As a plug-and-play convolutional unit, Octave Convolution [1] aims to reduce the costs of memory and computation while enlarging the receptive fields of neural network. Comparing with Deformable Convolution, Octave Convolution does not increase the number of parameters. For enlarging the receptive fields and enhancing the ability of network to extract features, we adopt Octave Convolution instead of normal convolution to scene text detection for achieving high accuracy and speed in arbitrary shape text detection. PSENet can separate the adjacent text instances by predicting several scale kernels of text, and gets the full size of text by Progressive Scale Expansion Algorithm. By combining Octave Convolution with PSENet, we can achieve high detection performance while speeding up the process of inference. To the best of our knowledge, this is the first time to apply Octave Convolution to scene text detection.
The contributions of this paper are summarized as follows:
-
(1)
To enlarge the receptive fields and enhance the ability of network to extract features, we combine Octave Convolution with PSENet. By utilizing the more contextual information, the detection performance can be boosted without increasing memory and computation costs.
-
(2)
Our experiments on several datasets of both curved and multi-oriented texts show that the proposed method achieves state-of-the-art performances and runs faster than PSENet.
2 Related Work
In this section, we first review representative methods of scene text detection, then introduce some works on how to enlarge the receptive fields.
2.1 Scene Text Detection
Scene text detection methods proposed in recent years are mostly based on DNNs. They can be roughly categorized into two groups: regression-based and segmentation-based.
Regression-Based Methods. Regression-based methods often base on general object detection frameworks, such as Faster-RCNN [23], YOLO [22], SSD [15]. Seglink [24] adopts SSD to detect multi-oriented scene text by first detecting two locally detectable elements: segments and links. Textboxes [11] modifies convolutional kernels and anchor boxes to effectively capture various text shapes. RRD [13] is proposed to get more accurate bounding boxes. Inceptext [30] designs an Inception-Text Module to handle text with multiple scales, aspect ratios and orientations.

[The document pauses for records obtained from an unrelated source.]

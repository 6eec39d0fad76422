-- ===== src/Core/Start.antt =====
-- core.c: loading the swaps at start, and the life of the core.
pub mod Stored
pub mod Cycle
pub mod Sealing
pub mod Boot
pub mod Reboot
pub mod Restored
pub mod Taking
pub mod Loading
pub mod Counting
use scsiswap.Base.{
  ℕ, zero, suc, ◌+◌, ◌-◌, ◌*◌, Bool, true, false, Option, none, some, [], ◌∷◌, ◌++◌, Bytes, ◌==◌,
  ◌!=◌, ◌||◌, not, ltb, if◌then◌else◌, replicate, overwrite, slice, u32,
}
use scsiswap.Kernel.{Kernel}
use scsiswap.Layout.{
  sector_size, sector_num_per_swap_block, swap_table_n_sector, swap_table_backup_offset,
  swap_head_offset, swap_data_offset, swap_table_offset,
}
use scsiswap.Format.{Table, table_bytes, table_of}
use scsiswap.State.{
  World, Info, Status, ok, fail, is_ok, M, pure, lift, gets, modify, on_core, atomic_inc, ◌>>=◌,
  ◌>>◌,
}
use scsiswap.Io.{hd_read_sector_retry, hd_sync_cache}
use scsiswap.Core.Flush.{table_checksum, write_until}
use scsiswap.Core.Alloc.{kmalloc}
use scsiswap.Core.Create.{swap_recreate}
use scsiswap.Core.Header.{init_swap_head}

-- The tables of a sector that count, from slot `j` on, `n` slots left: how many, and whether the
-- count ended.
unfoldable pub count_tables : ℕ → ℕ → Bytes → ℕ × Bool
count_tables zero j buffer = (0, false)
count_tables (suc n) j buffer =
    let t = table_of (slice buffer (j * 64) 64) in
    let (more, ended) = count_tables n (j + 1) buffer in
    if t.sec_size != sector_num_per_swap_block
    then (0, true)
    else (if table_checksum t != t.checksum then (0, true) else (more + 1, ended))

-- `swap_table_sync_e`
pub data TableSync : Type 0 where
  no_need_sync master_need_sync backup_need_sync : TableSync

-- How the tables of one sector end: all eight taken, the end found, or a failure.
pub data Taken : Type 0 where
  all_taken end_found refused : Taken

module _ {E : Type 0} (k : Kernel E) where
  -- `calc_swap_info_num`, `n` sectors left.
  unfoldable pub calc_swap_info_num : ℕ → ℕ → ℕ → World E → ℕ × World E
  unfolding count_tables
  calc_swap_info_num zero start total w = (total, w)
  calc_swap_info_num (suc n) start total w =
      let ((s, buffer), w') =
        hd_read_sector_retry k start 1 (some (replicate sector_size 0)) sector_size w in
      let (found, ended) = count_tables 8 0 buffer in
      elim (is_ok s) [
        | false ↦ calc_swap_info_num n (start + 1) total w'
        | true ↦ elim ended [
          | true ↦ (total + found, w')
          | false ↦ calc_swap_info_num n (start + 1) (total + found) w'
        ]
      ]

  -- none is NULL
  unfoldable pub alloc_swap_info_data : ℕ → ℕ → World E → Option Bytes × World E
  alloc_swap_info_data start num w =
      let nbytes = u32 (num * sector_size) in
      let (got, w1) = kmalloc k nbytes w in
      let ((s, buffer), w2) =
        hd_read_sector_retry k start num (some (replicate nbytes 0)) nbytes w1 in
      if got then (if is_ok s then some buffer else none, w2) else (none, w1)

  abbrev pub append_info : Info → World E → World E
  append_info info w =
      on_core
        (λ c. record c { info_list = c.info_list ++ info ∷ []; info_num = atomic_inc c.info_num }) w

  -- A table that passed the checks: it is listed with its data, or, where that could not be read,
  -- gets a new block. The sector's buffer, or none on failure.
  unfoldable pub list_table : ℕ → Table → Bytes → Option Bytes → M E (Option Bytes)
  list_table j t buffer (some bytes) = do
    modify (append_info (record { table = t; buf = some bytes }))
    pure (some buffer)
  list_table j t buffer none = do
    (s, info) ← swap_recreate k none (record { table = t; buf = none })
    let added = do
      modify (append_info info)
      pure (some (overwrite buffer (j * 64) (table_bytes info.table)))
    if is_ok s then added else pure none

  unfoldable pub take_table : ℕ → Table → Bytes → M E (Option Bytes)
  unfolding alloc_swap_info_data list_table
  take_table j t buffer = do
    found ← lift (alloc_swap_info_data t.swap_sec t.sec_size)
    list_table j t buffer found

  -- The loop over the slots of a sector.
  unfoldable pub take_tables : ℕ → ℕ → Bytes → M E (Taken × Bytes)
  unfolding take_table
  take_tables zero j buffer w = some ((all_taken, buffer), w)
  take_tables (suc n) j buffer w =
      let (got, w1) = kmalloc k 112 w in
      let t = table_of (slice buffer (j * 64) 64) in
      let outside =
        ltb t.swap_sec w1.core.sector_data || ltb w1.core.sector_reserve_start t.src_sec in
      if not got
      then some ((refused, buffer), w1)
      else (if t.sec_size != sector_num_per_swap_block
          then some ((end_found, buffer), w1)
          else (if outside || (table_checksum t != t.checksum)
              then some ((refused, buffer), w1)
              else (elim (take_table j t buffer w1) [
                | none ↦ none
                | some (none, w2) ↦ some ((refused, buffer), w2)
                | some (some buffer', w2) ↦ take_tables n (j + 1) buffer' w2
              ])))

  -- One sector goes to the copy that needs it: the places reached in master and backup.
  unfoldable pub sync_sector : TableSync → ℕ → ℕ → Bytes → World E → ℕ × ℕ × World E
  sync_sector no_need_sync master back buffer w = (master, back, w)
  sync_sector master_need_sync master back buffer w =
      let limit = w.core.sector_table + swap_table_n_sector in
      let (master', w') = write_until k (suc (limit - master)) limit master buffer w in
      (master', back, w')
  sync_sector backup_need_sync master back buffer w =
      let limit = w.core.sector_reserve_start + swap_table_backup_offset + swap_table_n_sector in
      let (back', w') = write_until k (suc (limit - back)) limit back buffer w in
      (master, back', w')

  -- The loop over the sectors of the table that is loaded.
  unfoldable pub load_tables : ℕ → ℕ → TableSync → ℕ → ℕ → M E Status
  unfolding take_tables sync_sector
  load_tables zero start sync master back w = some (ok, w)
  load_tables (suc n) start sync master back w =
      let ((s, buffer), w1) =
        hd_read_sector_retry k start 1 (some (replicate sector_size 0)) sector_size w in
      elim (is_ok s) [
        | false ↦ load_tables n (start + 1) sync master back w1
        | true ↦ elim (take_tables 8 0 buffer w1) [
          | none ↦ none
          | some ((taken, buffer'), w2) ↦
              (let (master', back', w3) = sync_sector sync master back buffer' w2 in
                elim taken [
                  | refused ↦ some (fail, w2)
                  | end_found ↦ some (ok, w3)
                  | all_taken ↦ load_tables n (start + 1) sync master' back' w3
                ])
        ]
      ]

  -- The copy with more tables is loaded, and the other one synchronised.
  unfoldable pub init_swap_info : M E Status
  init_swap_info = do
    modify (on_core (λ c. record c { info_list = []; info_num = 0 }))
    start_master ← gets (λ w. w.core.sector_table)
    start_back ← gets (λ w. w.core.sector_reserve_start + swap_table_backup_offset)
    table_num ← lift (calc_swap_info_num swap_table_n_sector start_master 0)
    table_num_back ← lift (calc_swap_info_num swap_table_n_sector start_back 0)
    let load = λ (start : ℕ) (sync : TableSync).
        load_tables swap_table_n_sector start sync start_master start_back
    if ltb table_num table_num_back
        then load start_back master_need_sync
        else if ltb table_num_back table_num
        then load start_master backup_need_sync
        else if table_num == 0
        then pure ok
        else load start_master no_need_sync

  unfoldable pub swap_info_destroy : World E → Status × World E
  swap_info_destroy w = (ok, on_core (λ c. record c { info_list = [] }) w)

  unfoldable pub scsi_swap_core_init : ℕ → M E Status
  unfolding init_swap_info swap_info_destroy
  scsi_swap_core_init reserve_sector = do
    modify (
        on_core (λ c. record c {
          sector_reserve_start = reserve_sector;
          sector_head = reserve_sector + swap_head_offset;
          sector_data = reserve_sector + swap_data_offset;
          sector_table = reserve_sector + swap_table_offset;
        }))
    s ← lift (init_swap_head k (reserve_sector + swap_head_offset))
    let load = do
      s' ← init_swap_info
      let undo = do d ← lift swap_info_destroy; pure fail
      let done = do modify (on_core (λ c. record c { device_dead = 0; user = 0 })); pure ok
      if is_ok s' then done else undo
    if is_ok s then load else pure fail

  -- The loop that waits for the users: the rounds left, and the users seen last.
  unfoldable pub wait_loop : ℕ → ℕ → World E → World E
  wait_loop zero users w = w
  wait_loop (suc n) users w =
      let (users', e) = k.msleep 300 w.env in
      let w' = on_core (λ c. record c { user = users' }) (record w { env = e }) in
      elim (users == 0) [ true ↦ w | false ↦ wait_loop n users' w' ]

  unfoldable pub scsi_swap_core_destroy : World E → Status × World E
  unfolding wait_loop swap_info_destroy
  scsi_swap_core_destroy w =
      let w1 = on_core (λ c. record c { device_dead = atomic_inc c.device_dead }) w in
      let users = w1.core.user in
      let w2 = if users == 0 then w1 else (hd_sync_cache k w1).1 in
      swap_info_destroy (wait_loop 100 users w2)
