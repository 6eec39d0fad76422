-- ===== src/Sim.antt =====
-- drivers/scsi/swap/sim.c: the list of simulated bad sectors.
pub mod Hits
pub mod Undo
use scsiswap.Base.{
  ℕ, ◌+◌, ◌-◌, Bool, true, false, ◌&&◌, ◌||◌, List, [], ◌∷◌, ◌++◌, Bytes, leb, ltb, ◌==◌,
  if◌then◌else◌, map, u32, u64, extend,
}
use scsiswap.Kernel.{Kernel}
use scsiswap.State.{World, SimNode, Status, ok, fail}
use scsiswap.Show.{show_lines, page_size}

-- `sectorA_hit_sectorB`
unfoldable pub sector_a_hit_sector_b : ℕ → ℕ → ℕ → ℕ → Bool
sector_a_hit_sector_b a_start a_end b_start b_end =
    (leb b_start a_start && leb a_start b_end)
    || ((leb b_start a_end && leb a_end b_end) || (leb a_start b_start && leb b_end a_end))

-- The last sector, `start + num - 1` as a `sector_t`.
abbrev pub last_sector : ℕ → ℕ → ℕ
last_sector start num = u64 (start + num + 18446744073709551615)

-- The search of `scsi_swap_sim_hit`.
unfoldable pub any_hit : ℕ → ℕ → List SimNode → Bool
unfolding sector_a_hit_sector_b
any_hit sector num [] = false
any_hit sector num (node ∷ nodes) =
    sector_a_hit_sector_b sector (last_sector sector (extend num)) node.start
      (last_sector node.start node.num)
    || any_hit sector num nodes

-- The first node that starts at the sector goes.
unfoldable pub remove_node : ℕ → List SimNode → List SimNode
remove_node sector [] = []
remove_node sector (node ∷ nodes) =
    if node.start == sector then nodes else node ∷ remove_node sector nodes

module _ {E : Type 0} where
  unfoldable pub scsi_swap_sim_init : World E → World E
  scsi_swap_sim_init w = record w { sim = [] }

  unfoldable pub scsi_swap_sim_destroy : World E → World E
  scsi_swap_sim_destroy w = record w { sim = [] }

  -- `num` is not looked at.
  unfoldable pub scsi_swap_sim_remove : ℕ → ℕ → World E → Status × World E
  unfolding remove_node
  scsi_swap_sim_remove sector num w = (ok, record w { sim = remove_node sector w.sim })

  unfoldable pub scsi_swap_sim_hit : ℕ → ℕ → World E → Bool
  unfolding any_hit
  scsi_swap_sim_hit sector num w = any_hit sector num w.sim

module _ {E : Type 0} (k : Kernel E) where
  -- `sizeof(struct sim_node)` is 32.
  unfoldable pub scsi_swap_sim_add : ℕ → ℕ → World E → Status × World E
  scsi_swap_sim_add sector num w =
      let (got, e) = k.kmalloc 32 w.env in
      let w' = record w { env = e } in
      if got
      then (ok, record w' { sim = w.sim ++ record { start = sector; num = u32 num } ∷ [] })
      else (fail, w')

  abbrev node_line : SimNode → Bytes
  node_line node = k.format_line (node.start ∷ node.num ∷ [])

  unfoldable pub scsi_swap_sim_show : World E → Bytes
  scsi_swap_sim_show w = show_lines page_size (map node_line w.sim)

Different from the above methods, EAST [33], DeepReg [6] and FOTS [16] directly output the values for the position and size of text instance from a given point. These methods do not need complex anchor design, but they need the same size of receptive fields as the size of text instances and may fail to detect extremely long text.
Segmentation-Based Methods. Segmentation-based methods are mainly inspired by FCN [17], and have an advantage in detecting curved text. For these methods, they may fail to separate text instances which are close to each other. PixelLink [3] predicts pixel connections to separate adjacent texts. TextSnake [18] uses the text center line map to separate adjacent text instances. TextField [29] tries to learn a direction field to distinguish the adjacent text instances. PSENet [27] generates different scale of kernels for each text instance. By the minimal kernels, the close text instances can be distinguished. However, due to the pixel-wise prediction and time-consuming post-processing steps, the speed of it is quite slow.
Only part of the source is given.